▶ _Work instructions_
Starting at the line that contains "-- From a committed", transcribe every remaining line of the entries exactly, including the last one.

▶ _Saved entries_
----------
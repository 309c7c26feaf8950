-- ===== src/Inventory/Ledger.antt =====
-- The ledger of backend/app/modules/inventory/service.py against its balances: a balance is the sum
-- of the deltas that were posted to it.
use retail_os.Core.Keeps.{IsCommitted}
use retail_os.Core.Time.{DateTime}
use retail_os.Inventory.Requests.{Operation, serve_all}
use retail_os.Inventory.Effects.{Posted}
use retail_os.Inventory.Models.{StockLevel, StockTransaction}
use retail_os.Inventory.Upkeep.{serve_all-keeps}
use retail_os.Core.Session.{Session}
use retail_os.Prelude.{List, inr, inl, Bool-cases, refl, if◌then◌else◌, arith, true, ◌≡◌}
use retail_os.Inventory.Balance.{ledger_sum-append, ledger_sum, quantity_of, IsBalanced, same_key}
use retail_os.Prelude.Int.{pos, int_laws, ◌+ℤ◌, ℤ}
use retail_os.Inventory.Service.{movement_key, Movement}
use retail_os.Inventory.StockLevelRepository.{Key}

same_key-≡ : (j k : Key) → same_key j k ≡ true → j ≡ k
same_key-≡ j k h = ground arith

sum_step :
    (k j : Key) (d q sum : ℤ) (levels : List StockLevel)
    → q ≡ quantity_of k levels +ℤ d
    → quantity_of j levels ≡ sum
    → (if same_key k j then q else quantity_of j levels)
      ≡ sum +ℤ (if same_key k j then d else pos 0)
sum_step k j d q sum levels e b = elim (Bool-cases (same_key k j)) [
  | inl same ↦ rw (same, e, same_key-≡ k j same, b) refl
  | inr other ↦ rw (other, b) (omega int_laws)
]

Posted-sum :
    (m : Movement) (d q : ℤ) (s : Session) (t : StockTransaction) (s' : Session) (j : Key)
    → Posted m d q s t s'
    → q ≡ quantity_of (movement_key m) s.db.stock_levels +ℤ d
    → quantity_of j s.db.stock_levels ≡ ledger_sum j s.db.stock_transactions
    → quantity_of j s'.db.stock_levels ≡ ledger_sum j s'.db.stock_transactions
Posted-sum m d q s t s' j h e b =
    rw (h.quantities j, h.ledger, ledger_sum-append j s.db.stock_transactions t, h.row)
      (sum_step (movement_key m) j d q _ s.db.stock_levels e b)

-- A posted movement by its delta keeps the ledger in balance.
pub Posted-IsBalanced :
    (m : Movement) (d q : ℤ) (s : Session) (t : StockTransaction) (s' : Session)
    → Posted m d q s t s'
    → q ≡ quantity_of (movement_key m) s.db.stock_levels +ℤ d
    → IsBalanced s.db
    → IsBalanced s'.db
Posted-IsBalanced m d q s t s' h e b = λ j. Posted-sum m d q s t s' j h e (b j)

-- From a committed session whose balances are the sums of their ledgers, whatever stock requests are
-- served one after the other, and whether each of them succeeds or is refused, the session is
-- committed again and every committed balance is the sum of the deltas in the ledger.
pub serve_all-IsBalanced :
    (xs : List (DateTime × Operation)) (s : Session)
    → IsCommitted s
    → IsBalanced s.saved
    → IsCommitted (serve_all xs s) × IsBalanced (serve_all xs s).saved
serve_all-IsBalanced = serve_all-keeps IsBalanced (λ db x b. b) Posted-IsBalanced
----------
▶ _Exercise solution_
-- From a committed session whose balances are the sums of their ledgers, whatever stock requests are
-- served one after the other, and whether each of them succeeds or is refused, the session is
-- committed again and every committed balance is the sum of the deltas in the ledger.
pub serve_all-IsBalanced :
    (xs : List (DateTime × Operation)) (s : Session)
    → IsCommitted s
    → IsBalanced s.saved
    → IsCommitted (serve_all xs s) × IsBalanced (serve_all xs s).saved
serve_all-IsBalanced = serve_all-keeps IsBalanced (λ db x b. b) Posted-IsBalanced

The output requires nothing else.